-- ===== src/Logger/Delivered.antt =====
-- Which sinks a record is delivered to.
use mdtree.Prelude.{
  Bytes, ◌≡◌, ◌∙◌, ap, refl, Bool, true, false, not, ◌&&◌, List, [], ◌∷◌, ◌++◌, Option, none, arith,
  leb, map, if◌then◌else◌, Bool-cases, inl, inr,
}
use mdtree.Text.{CaseTable, trim_space}
use mdtree.Logger.Modules.{
  first_name, newest_name, passes, or_tag, record_module-or_tag, tag_derived, filter-passes,
}
use mdtree.Logger.{
  Level, rank, parse_level, Record, Scope, Target, Sink, fanout_enabled, fanout_handle,
  derive_fanout, Error, Handler, plain, filtered, enabled, handle, derive, Options, Logger,
  or_first, targets, new_logger, log,
}

-- The logger under `With` and `WithGroup`, newest first.
abbrev pub derived : List Scope → Logger → Logger
derived [] l = l
derived (sc ∷ scs) l = let l' = derived scs l in record l' { handler = derive sc l'.handler }

-- The scopes, oldest first.
abbrev pub oldest_first : List Scope → List Scope
oldest_first [] = []
oldest_first (sc ∷ scs) = oldest_first scs ++ (sc ∷ [])

abbrev sink_at : List Scope → Target → Sink
sink_at context t = record { target = t; context = context }

derive_fanout-sink_at :
    (sc : Scope) (c : List Scope) (ts : List Target)
    → derive_fanout sc (map (sink_at c) ts) ≡ map (sink_at (c ++ (sc ∷ []))) ts
unfolding derive_fanout
derive_fanout-sink_at sc c [] = refl
derive_fanout-sink_at sc c (t ∷ ts) =
    ap (λ ss. sink_at (c ++ (sc ∷ [])) t ∷ ss) (derive_fanout-sink_at sc c ts)

-- The handler of a logger that was derived by scopes.
abbrev handler_at : List Bytes → List Target → List Scope → Handler
handler_at [] ts scs = plain (map (sink_at (oldest_first scs)) ts)
handler_at (m ∷ ms) ts scs = filtered (record {
  inner = map (sink_at (oldest_first scs)) ts;
  allowed = map trim_space (m ∷ ms);
  tag = or_tag [] (newest_name scs);
})

derive-handler_at :
    (sc : Scope) (mods : List Bytes) (ts : List Target) (scs : List Scope)
    → derive sc (handler_at mods ts scs) ≡ handler_at mods ts (sc ∷ scs)
unfolding derive
derive-handler_at sc [] ts scs = ap plain (derive_fanout-sink_at sc (oldest_first scs) ts)
derive-handler_at sc (m ∷ ms) ts scs =
    rw (derive_fanout-sink_at sc (oldest_first scs) ts, tag_derived sc (newest_name scs)) refl

derived-handler_at :
    (u : CaseTable) (o : Options) (scs : List Scope)
    → derived scs (new_logger u o) ≡ record {
      level = parse_level u o.level;
      handler = handler_at o.modules (targets o.console) scs;
    }
unfolding new_logger
derived-handler_at u o [] = by_options o.console o.modules
  where
    by_options :
        (console : Bool) (mods : List Bytes)
        → new_logger u (record o { console = console; modules = mods })
          ≡ record { level = parse_level u o.level; handler = handler_at mods (targets console) [] }
    by_options true [] = refl
    by_options false [] = refl
    by_options true (m ∷ ms) = refl
    by_options false (m ∷ ms) = refl
derived-handler_at u o (sc ∷ scs) =
    rw (derived-handler_at u o scs, derive-handler_at sc o.modules (targets o.console) scs) refl

-- What reaches the sinks.
abbrev pub delivery : List Scope → Record → Target → Sink × Record
delivery scs r t = (sink_at (oldest_first scs) t, r)

fanout_handle-delivery :
    (fails : Sink → Record → Option Error) (min : Level) (first : Option Error) (ts : List Target)
    (scs : List Scope) (r : Record)
    → (fanout_handle fails min first (map (sink_at (oldest_first scs)) ts) r).1
      ≡ (if leb (rank min) (rank r.level) then map (delivery scs r) ts else [])
unfolding fanout_handle
fanout_handle-delivery fails min first [] scs r = ground arith
fanout_handle-delivery fails min first (t ∷ ts) scs r =
    elim (Bool-cases (leb (rank min) (rank r.level))) [
      | inl e ↦
          rw
            (
              e,
              fanout_handle-delivery fails min
                  (or_first first (fails (sink_at (oldest_first scs) t) r)) ts scs r,
            )
            (rw e refl)
      | inr e ↦ rw (e, fanout_handle-delivery fails min first ts scs r) (rw e refl)
    ]

fanout_enabled-sink_at :
    (min level : Level) (console : Bool) (c : List Scope)
    → fanout_enabled min level (map (sink_at c) (targets console)) ≡ leb (rank min) (rank level)
unfolding fanout_enabled
fanout_enabled-sink_at min level true c = ground arith
fanout_enabled-sink_at min level false c = ground arith

handler_at-enabled :
    (min level : Level) (console : Bool) (mods : List Bytes) (scs : List Scope)
    → enabled min level (handler_at mods (targets console) scs) ≡ leb (rank min) (rank level)
unfolding enabled
handler_at-enabled min level console [] scs =
    fanout_enabled-sink_at min level console (oldest_first scs)
handler_at-enabled min level console (m ∷ ms) scs =
    fanout_enabled-sink_at min level console (oldest_first scs)

filtered-delivery :
    (fails : Sink → Record → Option Error) (min : Level) (ts : List Target) (m : Bytes)
    (ms : List Bytes) (scs : List Scope) (r : Record)
    → (handle fails min (handler_at (m ∷ ms) ts scs) r).1 ≡ (
        if passes (m ∷ ms) scs r
        then (fanout_handle fails min none (map (sink_at (oldest_first scs)) ts) r).1
        else [])
unfolding handle
filtered-delivery fails min ts m ms scs r =
    rw
      (
        record_module-or_tag (or_tag [] (newest_name scs)) r.attrs,
        filter-passes (map trim_space (m ∷ ms)) (first_name r.attrs) (newest_name scs),
      )
      (go (passes (m ∷ ms) scs r)
        (fanout_handle fails min none (map (sink_at (oldest_first scs)) ts) r))
  where
    go :
        (b : Bool) (x : Option Error × List (Sink × Record))
        → (if not b then (none, []) else x).1 ≡ (if b then x.1 else [])
    go true x = refl
    go false x = refl

handle-delivery :
    (fails : Sink → Record → Option Error) (min : Level) (ts : List Target) (mods : List Bytes)
    (scs : List Scope) (r : Record)
    → (handle fails min (handler_at mods ts scs) r).1 ≡ (
        if passes mods scs r
        then (if leb (rank min) (rank r.level) then map (delivery scs r) ts else [])
        else [])
unfolding handle
handle-delivery fails min ts [] scs r = fanout_handle-delivery fails min none ts scs r
handle-delivery fails min ts (m ∷ ms) scs r =
    filtered-delivery fails min ts m ms scs r
    ∙ ap (λ x. if passes (m ∷ ms) scs r then x else [])
        (fanout_handle-delivery fails min none ts scs r)

-- A record that is logged is delivered exactly once to the log file, and to the console where that
-- is wanted, with all scopes of the logger in order, if its level is at least the logger's and its
-- module, where it has one, is among those that are logged, where those are given; else nowhere.
pub log-delivery :
    (fails : Sink → Record → Option Error) (u : CaseTable) (o : Options) (scs : List Scope)
    (r : Record)
    → (log fails r (derived scs (new_logger u o))).1 ≡ (
        if leb (rank (parse_level u o.level)) (rank r.level) && passes o.modules scs r
        then map (delivery scs r) (targets o.console)
        else [])
unfolding log
log-delivery fails u o scs r =
    rw
      (
        derived-handler_at u o scs,
        handler_at-enabled (parse_level u o.level) r.level o.console o.modules scs,
      )
      (go (leb (rank (parse_level u o.level)) (rank r.level)) (passes o.modules scs r)
        (handle fails (parse_level u o.level) (handler_at o.modules (targets o.console) scs) r)
        (handle-delivery fails (parse_level u o.level) (targets o.console) o.modules scs r))
  where
    go :
        (b p : Bool) (x : Option Error × List (Sink × Record))
        → x.1 ≡ (if p then (if b then map (delivery scs r) (targets o.console) else []) else [])
        → (if b then x else (none, [])).1
          ≡ (if b && p then map (delivery scs r) (targets o.console) else [])
    go true true x h = h
    go true false x h = h
    go false p x h = refl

+++

_Task goal_
From the opening line of the data above, please print each line as written up to and including the line that contains "(sc : Scope) (mods", and nothing more.

_Output_
-- ===== src/Logger/Delivered.antt =====
-- Which sinks a record is delivered to.
use mdtree.Prelude.{
  Bytes, ◌≡◌, ◌∙◌, ap, refl, Bool, true, false, not, ◌&&◌, List, [], ◌∷◌, ◌++◌, Option, none, arith,
  leb, map, if◌then◌else◌, Bool-cases, inl, inr,
}
use mdtree.Text.{CaseTable, trim_space}
use mdtree.Logger.Modules.{
  first_name, newest_name, passes, or_tag, record_module-or_tag, tag_derived, filter-passes,
}
use mdtree.Logger.{
  Level, rank, parse_level, Record, Scope, Target, Sink, fanout_enabled, fanout_handle,
  derive_fanout, Error, Handler, plain, filtered, enabled, handle, derive, Options, Logger,
  or_first, targets, new_logger, log,
}

-- The logger under `With` and `WithGroup`, newest first.
abbrev pub derived : List Scope → Logger → Logger
derived [] l = l
derived (sc ∷ scs) l = let l' = derived scs l in record l' { handler = derive sc l'.handler }

-- The scopes, oldest first.
abbrev pub oldest_first : List Scope → List Scope
oldest_first [] = []
oldest_first (sc ∷ scs) = oldest_first scs ++ (sc ∷ [])

abbrev sink_at : List Scope → Target → Sink
sink_at context t = record { target = t; context = context }

derive_fanout-sink_at :
    (sc : Scope) (c : List Scope) (ts : List Target)
    → derive_fanout sc (map (sink_at c) ts) ≡ map (sink_at (c ++ (sc ∷ []))) ts
unfolding derive_fanout
derive_fanout-sink_at sc c [] = refl
derive_fanout-sink_at sc c (t ∷ ts) =
    ap (λ ss. sink_at (c ++ (sc ∷ [])) t ∷ ss) (derive_fanout-sink_at sc c ts)

-- The handler of a logger that was derived by scopes.
abbrev handler_at : List Bytes → List Target → List Scope → Handler
handler_at [] ts scs = plain (map (sink_at (oldest_first scs)) ts)
handler_at (m ∷ ms) ts scs = filtered (record {
  inner = map (sink_at (oldest_first scs)) ts;
  allowed = map trim_space (m ∷ ms);
  tag = or_tag [] (newest_name scs);
})

derive-handler_at :
    (sc : Scope) (mods : List Bytes) (ts : List Target) (scs : List Scope)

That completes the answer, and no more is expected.